Le rapport d’enquête administrative et les PV d’audition des témoins doivent en principe être communiqués à l’agent intéressé

Par un arrêt Monsieur B… c/ ministre des solidarités et de la santé en date du 5 février 2020 (req. n° 433130, à paraître au Recueil), le Conseil d’État a considéré que lorsqu’une enquête administrative a été diligentée sur le comportement d’un agent public, y compris lorsqu’elle a été confiée à des corps d’inspection, le rapport établi à l’issue de cette enquête, ainsi que, lorsqu’ils existent, les procès-verbaux des personnes entendues sur le comportement de l’agent faisant l’objet de l’enquête, font partie des pièces dont ce dernier doit recevoir communication en application de l’article 65 de la loi du 22 avril 1905, sauf si la communication de ces procès-verbaux serait de nature à porter gravement préjudice aux personnes qui ont témoigné.

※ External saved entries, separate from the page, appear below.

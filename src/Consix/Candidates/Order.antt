-- ===== src/Consix/Candidates/Order.antt =====
-- `sort` gives back the elements of its list, as often, in the order of its test.
use mathlib.Core.List.{Perm}
use mathlib.Core.List.Perm
use chess_set.Base.{
  ℕ, zero, suc, Bool, true, false, ◌≡◌, refl, ap, ◌∙◌, List, [], ◌∷◌, length, All, inl, inr,
  Bool-cases,
}
use chess_set.Consix.Candidates.{insert, sort, resize}

module _ {A : Type 0} (before : A → A → Bool) where
  insert-perm : (x : A) (ys : List A) → Perm (insert before x ys) (x ∷ ys)
  unfolding insert
  insert-perm x [] = Perm.rfl
  insert-perm x (y ∷ ys) = elim (Bool-cases (before y x)) [
    | inl e ↦ rw e (Perm.trans (Perm.cons y (insert-perm x ys)) (Perm.swap x y ys))
    | inr e ↦ rw e Perm.rfl
  ]

  pub sort-perm : (xs : List A) → Perm (sort before xs) xs
  unfolding sort
  sort-perm [] = Perm.rfl
  sort-perm (x ∷ xs) = Perm.trans (insert-perm x (sort before xs)) (Perm.cons x (sort-perm xs))

  length-insert : (x : A) (ys : List A) → length (insert before x ys) ≡ suc (length ys)
  unfolding insert
  length-insert x [] = refl
  length-insert x (y ∷ ys) = elim (Bool-cases (before y x)) [
    | inl e ↦ rw e (ap suc (length-insert x ys))
    | inr e ↦ rw e refl
  ]

  pub length-sort : (xs : List A) → length (sort before xs) ≡ length xs
  unfolding sort
  length-sort [] = refl
  length-sort (x ∷ xs) = length-insert x (sort before xs) ∙ ap suc (length-sort xs)

  -- A predicate of all elements holds of all of them in the sorted list.
  module _ (P : A → Type 0) where
    insert-All : (x : A) (ys : List A) → P x → All P ys → All P (insert before x ys)
    unfolding insert
    insert-All x [] px all = (px, tt)
    insert-All x (y ∷ ys) px all = elim (Bool-cases (before y x)) [
      | inl e ↦ rw e (all.0, insert-All x ys px all.1)
      | inr e ↦ rw e (px, all)
    ]

    pub sort-All : (xs : List A) → All P xs → All P (sort before xs)
    unfolding sort
    sort-All [] all = tt
    sort-All (x ∷ xs) all = insert-All x (sort before xs) all.0 (sort-All xs all.1)

  -- No element is before its predecessor.
  abbrev pub Sorted : List A → Type 0
  Sorted [] = Unit
  Sorted (x ∷ xs) = All (λ y. before y x ≡ false) xs × Sorted xs

  module _ (asym : (x y : A) → before x y ≡ true → before y x ≡ false)
      (after : (x y z : A) → before y x ≡ false → before z y ≡ false → before z x ≡ false) where
    later_All :
        (x y : A) (ys : List A)
        → before y x ≡ false
        → All (λ z. before z y ≡ false) ys
        → All (λ z. before z x ≡ false) ys
    later_All x y [] h all = tt
    later_All x y (z ∷ zs) h all = (after x y z h all.0, later_All x y zs h all.1)

    insert-Sorted : (x : A) (ys : List A) → Sorted ys → Sorted (insert before x ys)
    unfolding insert
    insert-Sorted x [] s = (tt, tt)
    insert-Sorted x (y ∷ ys) s = elim (Bool-cases (before y x)) [
      | inl e ↦
          rw e (insert-All (λ z. before z y ≡ false) x ys (asym y x e) s.0, insert-Sorted x ys s.1)
      | inr e ↦ rw e ((e, later_All x y ys e s.0), s)
    ]

    pub sort-Sorted : (xs : List A) → Sorted (sort before xs)
    unfolding sort
    sort-Sorted [] = tt
    sort-Sorted (x ∷ xs) = insert-Sorted x (sort before xs) (sort-Sorted xs)

module _ {A : Type 0} (fill : A) where
  pub length-resize : (n : ℕ) (xs : List A) → length (resize fill n xs) ≡ n
  unfolding resize
  length-resize zero xs = refl
  length-resize (suc n) [] = ap suc (length-resize n [])
  length-resize (suc n) (x ∷ xs) = ap suc (length-resize n xs)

En l’espèce, Monsieur B… a été nommé directeur de l’Établissement national des invalides de la marine par un décret du 8 décembre 2016 pour une durée de trois ans. Les ministres chargés de la tutelle de cet établissement, après que des signalements eurent fait état de ce que des situations pouvant constituer des faits de harcèlement à l’encontre de certains membres du personnel de cet établissement étaient reprochés à Monsieur B…, ont confié à l’inspection générale des affaires sociales et le conseil général de l’environnement et du développement durable une mission d’enquête administrative sur la manière dont l’intéressé assurait la direction de l’établissement. Le rapport de la mission d’inspection, rendu aux ministres en avril 2019, a recommandé qu’il soit mis fin aux fonctions de Monsieur B….

Par un décret du 29 mai 2019, le président de la République a alors mis fin à ses fonctions. Monsieur B… a demandé l’annulation de ce décret pour excès de pouvoir.

Dans son arrêt, le Conseil d’État précise — sur le fondement de l’article 65 de la loi du 22 avril 1905 qui dispose qu’un agent public faisant l’objet d’une mesure prise en considération de sa personne, qu’elle soit ou non justifiée par l’intérêt du service, doit être mis à même d’obtenir communication de son dossier — que :

« Lorsqu’une enquête administrative a été diligentée sur le comportement d’un agent public, y compris lorsqu’elle a été confiée à des corps d’inspection, le rapport établi à l’issue de cette enquête, ainsi que, lorsqu’ils existent, les procès-verbaux des auditions des personnes entendues sur le comportement de l’agent faisant l’objet de l’enquête font partie des pièces dont ce dernier doit recevoir communication en application de l’article 65 de la loi du 22 avril 1905, sauf si la communication de ces procès-verbaux serait de nature à porter gravement préjudice aux personnes qui ont témoigné ».

Or, après avoir estimé que Monsieur B… avait bien fait l’objet d’une mesure prise en considération de sa personne, le Conseil d’État constate d’une part, que ni son dossier administratif ni le rapport d’inspection qui lui avait été communiqué ne comprenaient les cinquante-cinq procès-verbaux d’audition des agents de l’Établissement national des invalides de la marine établis dans le cadre de la mission d’enquête administrative, d’autre part, que la demande de l’intéressé tendant à recevoir communication de ces pièces a, par la suite, fait l’objet d’une décision de refus.

Dans ces conditions, conclut la Haute Assemblée, Monsieur B…, qui n’a, ainsi, pas reçu communication de l’ensemble des pièces qu’il était en droit d’obtenir préalablement à l’intervention de la décision ayant mis fin à ses fonctions, est fondé à soutenir que cette décision a été prise au terme d’une procédure irrégulière. Par suite, il est fondé à demander l’annulation pour excès de pouvoir du décret qu’il attaque.